*** Begin section ***

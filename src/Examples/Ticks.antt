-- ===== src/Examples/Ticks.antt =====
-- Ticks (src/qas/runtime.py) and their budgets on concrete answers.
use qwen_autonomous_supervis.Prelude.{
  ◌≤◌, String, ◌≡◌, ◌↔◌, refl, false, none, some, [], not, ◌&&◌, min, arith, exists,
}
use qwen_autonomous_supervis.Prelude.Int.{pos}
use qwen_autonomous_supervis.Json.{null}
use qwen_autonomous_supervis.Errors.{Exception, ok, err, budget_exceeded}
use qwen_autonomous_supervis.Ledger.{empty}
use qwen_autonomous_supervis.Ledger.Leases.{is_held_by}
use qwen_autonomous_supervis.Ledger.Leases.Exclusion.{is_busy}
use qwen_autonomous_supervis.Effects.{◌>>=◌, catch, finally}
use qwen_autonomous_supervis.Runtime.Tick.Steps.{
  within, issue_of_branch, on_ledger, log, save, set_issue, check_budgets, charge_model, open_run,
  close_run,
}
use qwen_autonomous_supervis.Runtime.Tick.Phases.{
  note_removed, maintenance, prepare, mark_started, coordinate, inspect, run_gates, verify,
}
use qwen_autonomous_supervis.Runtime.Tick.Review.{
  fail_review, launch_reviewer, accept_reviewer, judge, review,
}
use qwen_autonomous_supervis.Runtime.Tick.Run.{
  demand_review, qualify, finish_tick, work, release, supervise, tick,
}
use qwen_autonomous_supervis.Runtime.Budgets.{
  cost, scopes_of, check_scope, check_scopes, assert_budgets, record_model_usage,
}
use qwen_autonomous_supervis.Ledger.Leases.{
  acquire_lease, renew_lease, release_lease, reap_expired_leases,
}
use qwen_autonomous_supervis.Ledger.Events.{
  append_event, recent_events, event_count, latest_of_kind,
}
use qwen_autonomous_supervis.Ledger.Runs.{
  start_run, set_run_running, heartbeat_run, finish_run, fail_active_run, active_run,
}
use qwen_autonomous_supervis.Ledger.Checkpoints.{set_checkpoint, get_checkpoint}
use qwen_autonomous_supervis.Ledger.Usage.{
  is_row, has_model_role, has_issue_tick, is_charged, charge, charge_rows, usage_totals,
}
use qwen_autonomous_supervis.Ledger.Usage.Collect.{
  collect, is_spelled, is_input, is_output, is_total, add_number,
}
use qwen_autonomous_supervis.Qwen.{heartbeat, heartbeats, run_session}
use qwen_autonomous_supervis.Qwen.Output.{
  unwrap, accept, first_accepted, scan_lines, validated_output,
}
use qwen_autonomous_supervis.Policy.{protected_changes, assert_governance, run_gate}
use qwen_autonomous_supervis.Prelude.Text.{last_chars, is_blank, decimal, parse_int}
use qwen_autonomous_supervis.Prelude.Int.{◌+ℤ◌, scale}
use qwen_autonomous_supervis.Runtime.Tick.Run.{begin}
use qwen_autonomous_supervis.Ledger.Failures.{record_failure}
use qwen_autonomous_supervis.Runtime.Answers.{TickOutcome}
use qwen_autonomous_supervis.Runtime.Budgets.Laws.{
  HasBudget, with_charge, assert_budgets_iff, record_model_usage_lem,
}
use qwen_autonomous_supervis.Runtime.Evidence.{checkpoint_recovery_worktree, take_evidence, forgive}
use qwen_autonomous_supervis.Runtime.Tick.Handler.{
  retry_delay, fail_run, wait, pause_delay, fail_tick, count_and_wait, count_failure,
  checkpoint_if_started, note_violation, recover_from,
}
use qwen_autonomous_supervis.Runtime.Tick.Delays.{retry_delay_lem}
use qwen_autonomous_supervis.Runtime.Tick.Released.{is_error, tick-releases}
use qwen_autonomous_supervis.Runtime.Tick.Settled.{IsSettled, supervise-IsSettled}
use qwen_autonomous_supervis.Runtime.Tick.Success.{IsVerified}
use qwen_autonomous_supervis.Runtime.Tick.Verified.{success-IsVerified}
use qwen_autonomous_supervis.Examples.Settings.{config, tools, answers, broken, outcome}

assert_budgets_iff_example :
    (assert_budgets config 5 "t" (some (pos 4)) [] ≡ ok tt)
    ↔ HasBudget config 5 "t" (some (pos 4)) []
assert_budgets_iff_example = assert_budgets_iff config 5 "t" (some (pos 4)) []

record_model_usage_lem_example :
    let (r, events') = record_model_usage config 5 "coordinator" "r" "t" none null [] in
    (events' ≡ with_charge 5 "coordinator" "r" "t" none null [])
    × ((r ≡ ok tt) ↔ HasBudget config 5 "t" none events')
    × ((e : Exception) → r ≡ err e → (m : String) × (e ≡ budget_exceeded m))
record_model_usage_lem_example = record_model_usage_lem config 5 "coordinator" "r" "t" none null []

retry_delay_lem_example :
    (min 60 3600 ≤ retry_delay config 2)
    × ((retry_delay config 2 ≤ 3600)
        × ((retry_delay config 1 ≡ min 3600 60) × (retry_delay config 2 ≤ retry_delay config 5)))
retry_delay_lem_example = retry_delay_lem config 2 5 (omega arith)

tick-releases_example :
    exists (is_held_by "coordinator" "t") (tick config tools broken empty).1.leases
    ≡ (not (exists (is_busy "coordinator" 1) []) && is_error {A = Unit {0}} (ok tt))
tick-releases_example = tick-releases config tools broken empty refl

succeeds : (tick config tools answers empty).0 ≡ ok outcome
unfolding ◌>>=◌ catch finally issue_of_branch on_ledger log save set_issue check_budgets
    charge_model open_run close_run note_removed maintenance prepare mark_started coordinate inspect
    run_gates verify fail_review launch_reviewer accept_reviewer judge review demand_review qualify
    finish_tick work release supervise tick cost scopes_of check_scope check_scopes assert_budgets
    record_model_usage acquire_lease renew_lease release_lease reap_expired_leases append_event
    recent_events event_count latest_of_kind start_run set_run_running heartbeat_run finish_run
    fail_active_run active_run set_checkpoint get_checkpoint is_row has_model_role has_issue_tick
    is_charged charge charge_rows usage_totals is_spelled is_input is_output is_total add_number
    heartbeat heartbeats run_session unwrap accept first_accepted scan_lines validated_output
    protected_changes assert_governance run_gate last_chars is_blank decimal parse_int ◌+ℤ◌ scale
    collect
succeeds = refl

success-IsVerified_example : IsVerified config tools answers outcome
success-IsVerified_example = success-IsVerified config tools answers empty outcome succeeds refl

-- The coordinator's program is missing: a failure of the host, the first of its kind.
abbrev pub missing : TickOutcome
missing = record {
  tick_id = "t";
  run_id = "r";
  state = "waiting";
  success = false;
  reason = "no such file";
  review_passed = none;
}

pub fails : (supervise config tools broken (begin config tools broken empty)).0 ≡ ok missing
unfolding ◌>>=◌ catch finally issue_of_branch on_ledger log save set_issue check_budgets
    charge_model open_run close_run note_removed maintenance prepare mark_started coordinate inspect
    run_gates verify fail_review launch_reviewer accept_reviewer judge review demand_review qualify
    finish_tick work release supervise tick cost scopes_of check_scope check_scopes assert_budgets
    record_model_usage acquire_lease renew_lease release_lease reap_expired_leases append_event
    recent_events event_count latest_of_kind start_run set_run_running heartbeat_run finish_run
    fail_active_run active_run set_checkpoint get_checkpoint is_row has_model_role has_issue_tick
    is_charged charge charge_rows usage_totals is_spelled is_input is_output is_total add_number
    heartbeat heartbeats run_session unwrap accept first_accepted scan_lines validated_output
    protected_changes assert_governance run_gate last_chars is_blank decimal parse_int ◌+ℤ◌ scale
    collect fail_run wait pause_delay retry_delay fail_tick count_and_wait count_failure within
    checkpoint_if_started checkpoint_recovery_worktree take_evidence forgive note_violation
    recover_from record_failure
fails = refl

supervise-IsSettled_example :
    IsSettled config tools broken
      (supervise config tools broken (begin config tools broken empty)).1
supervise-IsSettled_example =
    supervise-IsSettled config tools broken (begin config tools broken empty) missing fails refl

*** End section ***
*** Begin section ***

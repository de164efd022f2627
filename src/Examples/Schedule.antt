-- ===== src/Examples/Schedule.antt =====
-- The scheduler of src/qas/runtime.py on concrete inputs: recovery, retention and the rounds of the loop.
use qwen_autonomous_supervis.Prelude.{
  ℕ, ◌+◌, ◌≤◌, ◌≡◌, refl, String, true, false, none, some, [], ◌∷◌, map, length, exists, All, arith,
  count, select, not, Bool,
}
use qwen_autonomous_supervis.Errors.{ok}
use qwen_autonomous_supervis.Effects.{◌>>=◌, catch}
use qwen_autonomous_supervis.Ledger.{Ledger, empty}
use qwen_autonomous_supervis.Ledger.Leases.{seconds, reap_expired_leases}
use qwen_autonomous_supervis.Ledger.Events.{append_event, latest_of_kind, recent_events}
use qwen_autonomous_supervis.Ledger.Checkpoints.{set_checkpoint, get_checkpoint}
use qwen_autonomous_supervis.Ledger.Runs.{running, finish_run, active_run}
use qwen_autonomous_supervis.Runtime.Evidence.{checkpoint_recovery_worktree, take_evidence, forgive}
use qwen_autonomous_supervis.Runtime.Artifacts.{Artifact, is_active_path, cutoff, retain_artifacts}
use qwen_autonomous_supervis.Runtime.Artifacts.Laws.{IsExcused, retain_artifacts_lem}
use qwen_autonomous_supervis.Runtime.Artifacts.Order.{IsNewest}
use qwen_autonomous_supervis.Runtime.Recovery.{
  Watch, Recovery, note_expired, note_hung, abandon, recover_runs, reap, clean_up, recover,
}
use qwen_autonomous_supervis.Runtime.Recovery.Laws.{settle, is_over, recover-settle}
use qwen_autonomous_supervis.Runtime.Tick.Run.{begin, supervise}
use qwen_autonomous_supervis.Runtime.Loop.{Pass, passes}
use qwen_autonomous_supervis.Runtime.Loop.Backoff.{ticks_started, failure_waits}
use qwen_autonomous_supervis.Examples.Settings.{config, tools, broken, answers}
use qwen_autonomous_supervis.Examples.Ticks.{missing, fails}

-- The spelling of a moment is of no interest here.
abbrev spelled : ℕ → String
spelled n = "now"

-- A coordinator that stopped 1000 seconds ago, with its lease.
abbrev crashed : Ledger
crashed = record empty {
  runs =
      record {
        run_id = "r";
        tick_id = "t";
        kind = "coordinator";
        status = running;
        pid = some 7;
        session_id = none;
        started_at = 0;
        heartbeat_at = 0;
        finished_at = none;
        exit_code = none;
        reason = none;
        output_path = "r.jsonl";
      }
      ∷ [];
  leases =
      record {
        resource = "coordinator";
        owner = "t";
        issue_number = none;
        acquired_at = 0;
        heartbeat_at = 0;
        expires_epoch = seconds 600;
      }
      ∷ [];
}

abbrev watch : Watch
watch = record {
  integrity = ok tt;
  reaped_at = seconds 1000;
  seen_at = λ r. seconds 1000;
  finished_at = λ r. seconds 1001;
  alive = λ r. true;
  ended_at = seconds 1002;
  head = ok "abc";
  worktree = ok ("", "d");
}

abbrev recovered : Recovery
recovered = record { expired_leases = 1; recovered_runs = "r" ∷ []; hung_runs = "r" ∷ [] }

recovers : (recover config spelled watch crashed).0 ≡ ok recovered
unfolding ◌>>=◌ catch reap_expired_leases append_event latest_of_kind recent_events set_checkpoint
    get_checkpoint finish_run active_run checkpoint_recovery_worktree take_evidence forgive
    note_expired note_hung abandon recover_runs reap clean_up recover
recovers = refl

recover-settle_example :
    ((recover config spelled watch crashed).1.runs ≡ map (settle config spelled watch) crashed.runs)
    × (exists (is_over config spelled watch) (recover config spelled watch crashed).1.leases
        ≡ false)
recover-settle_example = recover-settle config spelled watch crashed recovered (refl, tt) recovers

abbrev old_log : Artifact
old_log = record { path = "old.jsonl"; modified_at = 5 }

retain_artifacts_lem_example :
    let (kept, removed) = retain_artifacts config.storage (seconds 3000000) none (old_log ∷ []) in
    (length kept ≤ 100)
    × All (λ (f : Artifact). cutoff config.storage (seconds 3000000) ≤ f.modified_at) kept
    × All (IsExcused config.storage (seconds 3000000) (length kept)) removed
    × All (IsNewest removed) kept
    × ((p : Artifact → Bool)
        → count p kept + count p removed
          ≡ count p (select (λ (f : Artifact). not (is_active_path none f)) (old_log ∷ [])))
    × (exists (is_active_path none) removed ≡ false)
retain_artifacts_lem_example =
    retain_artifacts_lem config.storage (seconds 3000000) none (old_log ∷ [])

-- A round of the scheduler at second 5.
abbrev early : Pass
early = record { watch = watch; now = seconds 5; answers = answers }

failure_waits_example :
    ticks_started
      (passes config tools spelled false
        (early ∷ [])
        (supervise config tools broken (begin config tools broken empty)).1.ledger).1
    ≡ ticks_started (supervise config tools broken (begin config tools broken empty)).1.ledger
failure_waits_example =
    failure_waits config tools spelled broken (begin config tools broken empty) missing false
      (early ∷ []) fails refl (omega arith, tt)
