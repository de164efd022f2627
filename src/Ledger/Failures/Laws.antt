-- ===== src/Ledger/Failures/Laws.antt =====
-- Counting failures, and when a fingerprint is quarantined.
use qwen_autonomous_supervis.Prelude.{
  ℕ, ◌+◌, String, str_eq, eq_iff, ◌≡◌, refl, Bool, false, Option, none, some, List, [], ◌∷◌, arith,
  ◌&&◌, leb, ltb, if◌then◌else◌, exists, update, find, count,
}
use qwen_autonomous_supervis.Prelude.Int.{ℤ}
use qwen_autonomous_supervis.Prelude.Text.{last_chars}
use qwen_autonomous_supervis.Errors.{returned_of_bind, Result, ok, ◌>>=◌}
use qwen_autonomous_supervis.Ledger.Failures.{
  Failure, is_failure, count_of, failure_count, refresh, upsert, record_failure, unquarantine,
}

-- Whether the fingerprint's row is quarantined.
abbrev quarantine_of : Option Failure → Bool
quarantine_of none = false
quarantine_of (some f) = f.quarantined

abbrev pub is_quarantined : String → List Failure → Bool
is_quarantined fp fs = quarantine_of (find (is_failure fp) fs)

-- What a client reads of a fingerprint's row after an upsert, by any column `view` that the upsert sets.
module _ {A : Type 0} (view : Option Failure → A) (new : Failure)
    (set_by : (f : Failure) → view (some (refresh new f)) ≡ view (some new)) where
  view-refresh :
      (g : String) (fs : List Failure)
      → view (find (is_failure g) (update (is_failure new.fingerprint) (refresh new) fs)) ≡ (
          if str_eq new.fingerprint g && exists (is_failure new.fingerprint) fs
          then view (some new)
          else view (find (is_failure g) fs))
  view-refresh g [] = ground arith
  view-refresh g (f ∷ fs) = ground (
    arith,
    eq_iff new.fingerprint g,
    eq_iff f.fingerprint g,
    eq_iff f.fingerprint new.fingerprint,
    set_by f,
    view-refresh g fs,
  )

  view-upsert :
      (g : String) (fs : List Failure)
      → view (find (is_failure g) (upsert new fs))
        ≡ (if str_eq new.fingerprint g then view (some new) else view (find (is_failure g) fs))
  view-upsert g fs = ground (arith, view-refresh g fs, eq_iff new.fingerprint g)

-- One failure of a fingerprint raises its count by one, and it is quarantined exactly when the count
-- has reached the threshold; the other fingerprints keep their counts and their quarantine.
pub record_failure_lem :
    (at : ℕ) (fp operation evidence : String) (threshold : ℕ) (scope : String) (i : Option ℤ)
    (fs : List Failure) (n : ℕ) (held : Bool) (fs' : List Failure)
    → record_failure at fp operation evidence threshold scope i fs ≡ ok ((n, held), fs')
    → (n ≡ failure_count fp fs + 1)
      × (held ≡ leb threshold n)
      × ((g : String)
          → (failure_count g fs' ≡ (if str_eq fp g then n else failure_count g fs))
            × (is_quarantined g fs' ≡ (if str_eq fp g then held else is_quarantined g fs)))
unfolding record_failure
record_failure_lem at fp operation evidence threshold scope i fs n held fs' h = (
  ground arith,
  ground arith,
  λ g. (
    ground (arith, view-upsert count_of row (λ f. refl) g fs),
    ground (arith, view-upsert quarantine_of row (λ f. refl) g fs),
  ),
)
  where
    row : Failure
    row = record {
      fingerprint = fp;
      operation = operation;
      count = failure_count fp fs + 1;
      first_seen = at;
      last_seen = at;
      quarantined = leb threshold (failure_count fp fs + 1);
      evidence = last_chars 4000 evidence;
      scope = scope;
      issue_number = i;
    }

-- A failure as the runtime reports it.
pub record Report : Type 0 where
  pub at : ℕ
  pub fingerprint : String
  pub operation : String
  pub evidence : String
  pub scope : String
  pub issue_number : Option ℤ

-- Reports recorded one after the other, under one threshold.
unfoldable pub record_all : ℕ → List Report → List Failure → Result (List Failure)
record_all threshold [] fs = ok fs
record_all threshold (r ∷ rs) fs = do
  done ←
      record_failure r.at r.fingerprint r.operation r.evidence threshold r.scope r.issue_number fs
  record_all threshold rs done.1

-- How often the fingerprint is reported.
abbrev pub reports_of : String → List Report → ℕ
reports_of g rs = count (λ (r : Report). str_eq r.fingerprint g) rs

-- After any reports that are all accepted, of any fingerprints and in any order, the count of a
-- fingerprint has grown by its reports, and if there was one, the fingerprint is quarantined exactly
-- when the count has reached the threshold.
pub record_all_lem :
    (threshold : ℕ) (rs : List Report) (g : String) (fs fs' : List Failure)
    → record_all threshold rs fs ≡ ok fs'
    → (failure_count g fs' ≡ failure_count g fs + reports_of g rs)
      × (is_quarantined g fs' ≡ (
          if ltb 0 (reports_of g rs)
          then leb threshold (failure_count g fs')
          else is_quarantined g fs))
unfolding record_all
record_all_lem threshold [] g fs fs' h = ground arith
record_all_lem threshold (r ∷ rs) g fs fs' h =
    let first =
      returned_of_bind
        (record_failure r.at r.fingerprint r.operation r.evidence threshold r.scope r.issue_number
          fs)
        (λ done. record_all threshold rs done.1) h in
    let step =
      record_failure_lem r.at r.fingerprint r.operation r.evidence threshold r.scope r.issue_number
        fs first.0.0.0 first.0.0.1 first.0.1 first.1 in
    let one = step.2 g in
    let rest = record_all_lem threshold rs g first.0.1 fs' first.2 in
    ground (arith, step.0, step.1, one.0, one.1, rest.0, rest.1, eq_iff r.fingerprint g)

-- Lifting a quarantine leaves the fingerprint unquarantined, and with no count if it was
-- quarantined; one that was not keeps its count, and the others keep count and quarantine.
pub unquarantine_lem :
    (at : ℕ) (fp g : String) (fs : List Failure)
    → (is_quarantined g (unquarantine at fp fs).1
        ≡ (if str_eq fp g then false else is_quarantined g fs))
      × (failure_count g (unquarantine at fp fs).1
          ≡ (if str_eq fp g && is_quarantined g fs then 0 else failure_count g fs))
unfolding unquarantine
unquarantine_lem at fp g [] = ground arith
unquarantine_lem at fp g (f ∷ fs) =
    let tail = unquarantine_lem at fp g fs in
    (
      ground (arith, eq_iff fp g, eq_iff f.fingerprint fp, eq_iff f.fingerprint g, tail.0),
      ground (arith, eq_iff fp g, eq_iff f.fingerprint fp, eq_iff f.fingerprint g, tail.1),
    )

*** End section ***

• [Exercise details] All that is needed is the exact run of lines above from the line containing "fs + reports_of g rs)" through the line containing "let rest = record_all_lem", both of them included.

• [Exercise answer]
    → (failure_count g fs' ≡ failure_count g fs + reports_of g rs)
      × (is_quarantined g fs' ≡ (
          if ltb 0 (reports_of g rs)
          then leb threshold (failure_count g fs')
          else is_quarantined g fs))
unfolding record_all
record_all_lem threshold [] g fs fs' h = ground arith
record_all_lem threshold (r ∷ rs) g fs fs' h =
    let first =
      returned_of_bind
        (record_failure r.at r.fingerprint r.operation r.evidence threshold r.scope r.issue_number
          fs)
        (λ done. record_all threshold rs done.1) h in
    let step =
      record_failure_lem r.at r.fingerprint r.operation r.evidence threshold r.scope r.issue_number
        fs first.0.0.0 first.0.0.1 first.0.1 first.1 in
    let one = step.2 g in
    let rest = record_all_lem threshold rs g first.0.1 fs' first.2 in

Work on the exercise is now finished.